Nonostante la sua fisicità gracile, Iniesta ha sempre avuto una presenza decisiva in campo, una mente superiore che gli ha permesso di eccellere in ogni partita, adattandosi a tutte le situazioni di gioco. Con Don Andres eleganza e concretezza andavano di pari passo, non poteva essere diversamente
La stagione 2008 rappresenta uno dei momenti più alti della carriera di Iniesta. Il 29 giugno di quell’anno, a Vienna, le Furie Rosse conquistano l’Europeo, con Iniesta che gioca tutte le partite e risulta decisivo in molte di esse. Il 2008/09 segna un altro trionfo indimenticabile: la vittoria della Champions League, resa possibile da un gol straordinario di Iniesta nei minuti finali della semifinale contro il Chelsea, un momento che segna l’inizio dell’era dorata del Barcellona e del “tiki-taka”
di Pep Guardiola.Ai Mondiali del 2010 in Sudafrica, Iniesta guida la Spagna con una serie di prestazioni eccezionali, segnando in quasi tutte le partite e, soprattutto, realizzando il gol decisivo nella finale contro l’Olanda. Questo gol è diventato uno dei momenti più iconici della storia del calcio spagnolo, regalando alla Spagna il suo primo titolo mondiale.
“Spesso mi definiscono un eroe, ma non hanno capito niente. Un eroe è chi emigra con i figli in un altro paese per cercare fortuna o chi salva vite. Io sono solo un maledetto calciatore”. Queste parole di Iniesta rappresentano perfettamente la sua umiltà, una qualità che lo ha accompagnato per tutta la vita. Dopo la vittoria del Mondiale, Iniesta indossò una maglia dedicata al suo caro amico Dani Jarque, scomparso prematuramente nel 2009, dimostrando ancora una volta il lato umano di un campione tanto amato.
Iniesta non ha mai dimenticato le sue origini. “Quando avevo 12 anni, mio padre dovette risparmiare per due mesi per potermi comprare le Predator, le scarpe da calcio che sognavo. Oggi, indosso quel modello con orgoglio, perché mi ricorda da dove sono partito e quanto sia importante rimanere umili”.
Tuttavia, dopo i trionfi, Iniesta ha attraversato un periodo di crisi interiore. “Dopo i Mondiali, all’improvviso, cominciai a stare male.
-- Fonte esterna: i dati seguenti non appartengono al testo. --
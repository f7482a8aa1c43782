-- ===== src/Hnsw/Insert/Links.antt =====
-- The links that Insert makes on one layer: the graph stays linked, and nothing panics.
use hybrid_vector_cache_hnsw.Common.{
  ℕ, ◌≤◌, ◌≡◌, refl, ap, ◌∙◌, true, false, Option, none, some, List, [], ◌∷◌, ◌++◌, arith,
  if◌then◌else◌, length, get_elem?, get_elem?-some, ◌==◌, ltb,
}
use hybrid_vector_cache_hnsw.Common.Run.{
  Run, ok, ◌>>=◌, or_panic, Returns, Returns-bind, Returns-map, Returns-if,
}
use hybrid_vector_cache_hnsw.Similarity.{Float}
use hybrid_vector_cache_hnsw.Heap.Items.{All, All-map, All-append}
use hybrid_vector_cache_hnsw.Hnsw.{Node, Item, get_links, set_links, cosine_distance}
use hybrid_vector_cache_hnsw.Hnsw.Layer.Found.{cosine_distance-total}
use hybrid_vector_cache_hnsw.Hnsw.Neighbors.{select_neighbors_heuristic}
use hybrid_vector_cache_hnsw.Hnsw.Neighbors.Chosen.{IsDim, select_neighbors-IsChosen}
use hybrid_vector_cache_hnsw.Hnsw.Insert.{
  read_links, change, append_link, measure_links, prune_neighbor, link_both, link_all,
}
use hybrid_vector_cache_hnsw.Hnsw.Insert.Shape.{
  Alike, Alike-refl, Alike-sym, Alike-trans, Alike-get, HasLayer, Alike-HasLayer, IsLinked,
  change-Alike, change-IsLinked, Same-set_links,
}

-- The nodes behind a step: still linked, and as before but for their links.
pub record Relinked (nodes nodes' : List Node) : Type 0 where
  pub linked : IsLinked nodes'
  pub alike : Alike nodes nodes'

pub Relinked-refl : (ns : List Node) → IsLinked ns → Relinked ns ns
Relinked-refl ns l = record { linked = l; alike = Alike-refl ns }

pub Relinked-trans : (ns ms os : List Node) → Relinked ns ms → Relinked ms os → Relinked ns os
Relinked-trans ns ms os r s = record {
  linked = s.linked;
  alike = Alike-trans ns ms os r.alike s.alike;
}

pub Alike-IsDim : (dim : ℕ) (ns ms : List Node) → Alike ns ms → IsDim dim ns → IsDim dim ms
Alike-IsDim dim ns ms a d i m e =
    let (n, at, same) = Alike-get ms ns i m (Alike-sym ns ms a) e in
    ap length same.vector ∙ d i n at

read_links-ok :
    (nodes : List Node) (l i : ℕ) (h : HasLayer nodes l i)
    → read_links nodes i l ≡ ok (get_links h.node l)
unfolding read_links get_links
read_links-ok nodes l i h = let (ls, e) = get_elem?-some h.node.links l h.deep in rw (h.at, e) refl

append_link-Relinked :
    (nodes : List Node) (at l id : ℕ)
    → IsLinked nodes
    → HasLayer nodes l at
    → HasLayer nodes l id
    → Returns (Relinked nodes) (append_link at l id nodes)
unfolding append_link
append_link-Relinked nodes at l id linked h k =
    let ids = get_links h.node l in
    rw (read_links-ok nodes l at h) (record {
      linked =
          change-IsLinked nodes at l (ids ++ id ∷ []) linked
            (All-append (HasLayer nodes l) ids (id ∷ []) (linked l at h.node h.at) (k, tt));
      alike =
          change-Alike nodes at (set_links l (ids ++ id ∷ [])) (Same-set_links l (ids ++ id ∷ []));
    })

module _ (f : Float) (dim : ℕ) where
  measure_links-All :
      (nodes : List Node) (Q : ℕ → Type 0) (vec : List ℕ) (ids : List ℕ)
      → IsDim dim nodes
      → length vec ≡ dim
      → All Q ids
      → Returns (All (λ (x : Item). Q x.id)) (measure_links f nodes vec ids)
  unfolding measure_links
  measure_links-All nodes Q vec [] d e a = tt
  measure_links-All nodes Q vec (i ∷ ids) d e a =
      measured (get_elem? nodes i) refl (measure_links-All nodes Q vec ids d e a.1)
    where
      measured :
          (o : Option Node)
          → get_elem? nodes i ≡ o
          → Returns (All (λ (x : Item). Q x.id)) (measure_links f nodes vec ids)
          → Returns (All (λ (x : Item). Q x.id)) (elim o [
            | none ↦ measure_links f nodes vec ids
            | some n ↦ or_panic (cosine_distance f vec n.vector) >>= λ d.
                measure_links f nodes vec ids >>= λ items. ok (record { id = i; dist = d } ∷ items)
          ])
      measured none at rest = rest
      measured (some n) at rest =
          let (t, te) = cosine_distance-total f vec n.vector (omega (arith, d i n at, e)) in
          rw te (
            Returns-bind (All (λ (x : Item). Q x.id)) (All (λ (x : Item). Q x.id))
              (measure_links f nodes vec ids) (λ items. ok (record { id = i; dist = t } ∷ items))
              rest (λ items b. (a.0, b)))

  prune_neighbor-Relinked :
      (nodes : List Node) (at : ℕ) (ids : List ℕ) (m l : ℕ)
      → IsDim dim nodes
      → IsLinked nodes
      → HasLayer nodes l at
      → All (HasLayer nodes l) ids
      → Returns (Relinked nodes) (prune_neighbor f at ids m l nodes)
  unfolding prune_neighbor
  prune_neighbor-Relinked nodes at ids m l d linked h a =
      let vec = h.node.vector in
      let Q = HasLayer nodes l in
      rw h.at (
        Returns-bind (All (λ (x : Item). Q x.id)) (Relinked nodes) (measure_links f nodes vec ids)
          (λ items. select_neighbors_heuristic f nodes vec items m l false true >>= λ pruned.
            ok (change nodes at (set_links l pruned)))
          (measure_links-All nodes Q vec ids d (d at h.node h.at) a)
          (λ items b.
            Returns-bind (λ ids. All Q ids × (length ids ≤ m)) (Relinked nodes)
              (select_neighbors_heuristic f nodes vec items m l false true)
              (λ pruned. ok (change nodes at (set_links l pruned)))
              (select_neighbors-IsChosen Q m f nodes dim d vec items l b)
              (λ pruned c. record {
                linked = change-IsLinked nodes at l pruned linked c.0;
                alike = change-Alike nodes at (set_links l pruned) (Same-set_links l pruned);
              })))

  link_both-Relinked :
      (nodes : List Node) (id neighbor m l : ℕ)
      → IsDim dim nodes
      → IsLinked nodes
      → HasLayer nodes l id
      → HasLayer nodes l neighbor
      → Returns (Relinked nodes) (link_both f id neighbor m l nodes)
  unfolding link_both
  link_both-Relinked nodes id neighbor m l d linked h k =
      Returns-bind (Relinked nodes) (Relinked nodes) (append_link id l neighbor nodes)
        (λ ns. append_link neighbor l id ns >>= λ ms. read_links ms neighbor l >>= λ links.
          if ltb m (length links) then prune_neighbor f neighbor links m l ms else ok ms)
        (append_link-Relinked nodes id l neighbor linked h k)
        (λ ns r.
          Returns-bind (Relinked ns) (Relinked nodes) (append_link neighbor l id ns)
            (λ ms. read_links ms neighbor l >>= λ links.
              if ltb m (length links) then prune_neighbor f neighbor links m l ms else ok ms)
            (append_link-Relinked ns neighbor l id r.linked
              (Alike-HasLayer nodes ns l neighbor r.alike k)
              (Alike-HasLayer nodes ns l id r.alike h))
            (λ ms s. pruned ns ms r s))
    where
      pruned :
          (ns ms : List Node)
          → Relinked nodes ns
          → Relinked ns ms
          → Returns (Relinked nodes) (
              read_links ms neighbor l >>= λ links.
              if ltb m (length links) then prune_neighbor f neighbor links m l ms else ok ms)
      pruned ns ms r s =
          let t = Relinked-trans nodes ns ms r s in
          let there = Alike-HasLayer nodes ms l neighbor t.alike k in
          let links = get_links there.node l in
          rw (read_links-ok ms l neighbor there) (
            Returns-if (Relinked nodes) (ltb m (length links))
              (prune_neighbor f neighbor links m l ms) (ok ms)
              (λ over.
                Returns-map (Relinked ms) (Relinked nodes) (prune_neighbor f neighbor links m l ms)
                  (prune_neighbor-Relinked ms neighbor links m l
                    (Alike-IsDim dim nodes ms t.alike d) t.linked there
                    (t.linked l neighbor there.node there.at))
                  (λ os u. Relinked-trans nodes ms os t u))
              (λ fits. t))

  pub link_all-Relinked :
      (ids : List ℕ) (nodes : List Node) (id m l : ℕ)
      → IsDim dim nodes
      → IsLinked nodes
      → HasLayer nodes l id
      → All (HasLayer nodes l) ids
      → Returns (Relinked nodes) (link_all f id ids m l nodes)
  unfolding link_all
  link_all-Relinked [] nodes id m l d linked h a = Relinked-refl nodes linked
  link_all-Relinked (n ∷ ids) nodes id m l d linked h a =
      Returns-bind (Relinked nodes) (Relinked nodes) (linked_one (get_elem? nodes n))
        (link_all f id ids m l)
        (Returns-if (Relinked nodes) (n == id) (ok nodes) (linked_other (get_elem? nodes n))
          (λ self. Relinked-refl nodes linked) (λ other. linked_other-Relinked (get_elem? nodes n)))
        (λ ns r.
          Returns-map (Relinked ns) (Relinked nodes) (link_all f id ids m l ns)
            (link_all-Relinked ids ns id m l (Alike-IsDim dim nodes ns r.alike d) r.linked
              (Alike-HasLayer nodes ns l id r.alike h)
              (All-map (HasLayer nodes l) (HasLayer ns l) (λ j. Alike-HasLayer nodes ns l j r.alike)
                ids a.1))
            (λ ms s. Relinked-trans nodes ns ms r s))
    where
      linked_other : Option Node → Run (List Node)
      linked_other o = elim o [ none ↦ ok nodes | some other ↦ link_both f id n m l nodes ]

      linked_one : Option Node → Run (List Node)
      linked_one o = if n == id then ok nodes else linked_other o

      linked_other-Relinked : (o : Option Node) → Returns (Relinked nodes) (linked_other o)
      linked_other-Relinked none = Relinked-refl nodes linked
      linked_other-Relinked (some other) = link_both-Relinked nodes id n m l d linked h a.0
Il problema era che non sapevo cosa avessi. Gli esami medici non rilevarono nulla, ma il mio corpo e la mia mente non si incontravano. Era angosciante: ogni giorno, la palla diventava sempre più pesante, e nessuno intorno a me capiva. È stata un’esperienza durissima”.
Dopo aver giocato nelle ultime stagioni negli Emirati Arabi Uniti, con la maglia dell’Emirates Club, e prima ancora in Giappone, Andres Iniesta ha deciso che è giunto il momento di appendere gli scarpini al chiodo. A 40 anni, con un messaggio sui social, ha di fatto anticipato quello che sarà l’annuncio ufficiale del suo ritiro, previsto per l’8 ottobre.
Grazie di tutto, Andres. A nome di tutti gli amanti e romantici del calcio, sei stato l’essenza e lo spirito di questo meraviglioso sport, elevandolo a qualcosa di ancora più nobile.